De vuelta en Takayama, paseamos
por el pueblo y realizamos algunas compras. Las calles comerciales eran un buen
refugio para pasar horas y horas viendo objetos curiosos. José Ramón compró una
katana y Javier unos cuencos para la prometida cena oriental. Arturo y yo
fuimos comparsas de las compras.
El lugar elegido para comer fue
un fracaso. Prometía con su máquina donde hacer los pedidos pero al final
tardaron más que en lugares anteriores y la comida no era una maravilla. La
cerveza y el aire acondicionado pusieron los elementos positivos.

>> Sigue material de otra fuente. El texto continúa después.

-- ===== src/Door.antt =====
-- lib/DoorContact/DoorContact.h and DoorContact.cpp: the debounced door position, and the decision
-- whether the door was forced, is held open, or has closed after being held. Times are `uint32_t`
-- milliseconds, and differences of times wrap.
pub mod Rules
pub mod Trace
pub mod Balance
pub mod Excuse
pub mod Alarm
mod Tests
use rfid_access.Base.{
  ℕ, ◌≡◌, Bool, true, false, not, ◌&&◌, ◌||◌, List, [], ◌∷◌, leb, ltb, if◌then◌else◌, sub32,
}

-- DoorContact::Event; `quiet` is the source's NONE.
pub data Event : Type 0 where
  quiet forced held held_closed : Event

-- DoorContact::Inputs.
pub record Inputs : Type 0 where
  pub raw_open : Bool
  pub released : Bool
  pub schedule_open : Bool

-- The private fields of the class, without the underscores.
pub record DoorContact : Type 0 where
  pub is_open : Bool
  pub pending : Bool
  pub pending_since : ℕ
  pub opened_at : ℕ
  pub held_timing : Bool
  pub held_from : ℕ
  pub held_reported : Bool
  pub was_forced : Bool
  pub last_open_ms : ℕ
  pub held_limit_ms : ℕ

abbrev pub debounce_ms : ℕ
debounce_ms = 150

unfoldable pub begin : DoorContact → ℕ → Bool → ℕ → DoorContact
begin d now raw limit = record d {
  is_open = raw;
  pending = false;
  opened_at = now;
  held_timing = raw;
  held_from = now;
  held_reported = false;
  was_forced = false;
  last_open_ms = 0;
  held_limit_ms = limit;
}

abbrev pub xor_bool : Bool → Bool → Bool
xor_bool true b = not b
xor_bool false b = b

abbrev pub authorised : Inputs → Bool
authorised i = i.released || i.schedule_open

-- The debounce block: the new state, and whether the debounced position changed.
unfoldable pub debounce : DoorContact → ℕ → Inputs → DoorContact × Bool
debounce d now i =
    if xor_bool i.raw_open d.is_open
    then (if not d.pending
        then (record d { pending = true; pending_since = now }, false)
        else if leb debounce_ms (sub32 now d.pending_since)
        then (record d { pending = false; is_open = i.raw_open }, true)
        else (d, false))
    else (record d { pending = false }, false)

-- The "opened" block.
unfoldable pub on_opened : DoorContact → ℕ → Inputs → DoorContact × Event
on_opened d now i =
    let unauthorised = not (authorised i) in
    (
      record d {
        opened_at = now;
        held_reported = false;
        was_forced = unauthorised;
        held_timing = unauthorised;
        held_from = now;
      },
      if unauthorised then forced else quiet,
    )

-- The "closed" block.
unfoldable pub on_closed : DoorContact → ℕ → DoorContact × Event
on_closed d now = (
  record d {
    last_open_ms = sub32 now d.opened_at;
    held_timing = false;
    held_reported = false;
    was_forced = false;
  },
  if d.held_reported then held_closed else quiet,
)

-- The clock of the "still open" block: stopped while authorised, else started if it is not running.
unfoldable pub time_held : DoorContact → ℕ → Inputs → DoorContact
time_held d now i =
    if authorised i
    then record d { held_timing = false }
    else if not d.held_timing
    then record d { held_timing = true; held_from = now }
    else d

-- The rest of the "still open" block.
unfoldable pub still_open : DoorContact → ℕ → Inputs → DoorContact × Event
unfolding time_held
still_open d now i =
    let t = time_held d now i in
    if t.held_timing
      && not t.held_reported
      && ltb 0 t.held_limit_ms
      && leb t.held_limit_ms (sub32 now t.held_from)
    then (record t { held_reported = true }, held)
    else (t, quiet)

-- DoorContact::update behind the debounce.
unfoldable pub decide : DoorContact → Bool → ℕ → Inputs → DoorContact × Event
unfolding on_opened on_closed still_open
decide d changed now i =
    if changed && d.is_open
    then on_opened d now i
    else if changed && not d.is_open
    then on_closed d now
    else if d.is_open
    then still_open d now i
    else (d, quiet)

-- DoorContact::update.
unfoldable pub update : DoorContact → ℕ → Inputs → DoorContact × Event
unfolding debounce decide
update d now i = let (d', changed) = debounce d now i in decide d' changed now i

-- openForMs.
unfoldable pub open_for_ms : DoorContact → ℕ → ℕ
open_for_ms d now = if d.is_open then sub32 now d.opened_at else 0

-- One call of `update` with the time that it reads.
pub record Sample : Type 0 where
  pub at : ℕ
  pub inputs : Inputs

-- The calls of `update` in order, and the events that they return.
unfoldable pub run : DoorContact → List Sample → DoorContact × List Event
run d [] = (d, [])
run d (s ∷ ss) = let (d', e) = update d s.at s.inputs in let (d'', es) = run d' ss in (d'', e ∷ es)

Durante siglos, el campo japonés
fue sinónimo de penurias. Lo que ahora parecía bucólico había sido pobreza y
desesperanza. Las tierras pertenecían a los señores y los arrendatarios que
labraban los campos producían lo suficiente para pagar las rentas y los
impuestos y para sobrevivir. En muchos casos suponía ceder la mitad de la
cosecha. El señor o propietario la vendía y era el principal beneficiario. El
sistema tampoco difería demasiado del europeo. La alienación y el campo iban de
la mano.
La situación cambió
significativamente con la reforma agraria impuesta por Estados Unidos durante
la ocupación (1945-1952). Se “prohibía el absentismo de los propietarios y se
restringía la cantidad de tierra que un propietario residente podía poseer a un
máximo de siete acres, para trabajarla él mismo, y otros dos acres para
arrendarlos... Cualquier terreno que excediera esos límites debía ser vendido
al gobierno, que se lo revendía a los antiguos arrendatarios"[1].
La pobreza había sido
erradicada, las nuevas técnicas significaban mejores cosechas y prosperidad.
También el peligro de que aquel pasado se borrara. El elemento negativo era el
éxodo hacia la ciudad y el despoblamiento del campo. El turismo salía al
rescate. Hida no sato era esa forma de preservar el pasado rural. Un taxi nos
llevó a las afueras del pueblo, remontó una buena cuesta y nos dejó en la
puerta. Al pagar con tarjeta de crédito nos hicieron un pequeño descuento.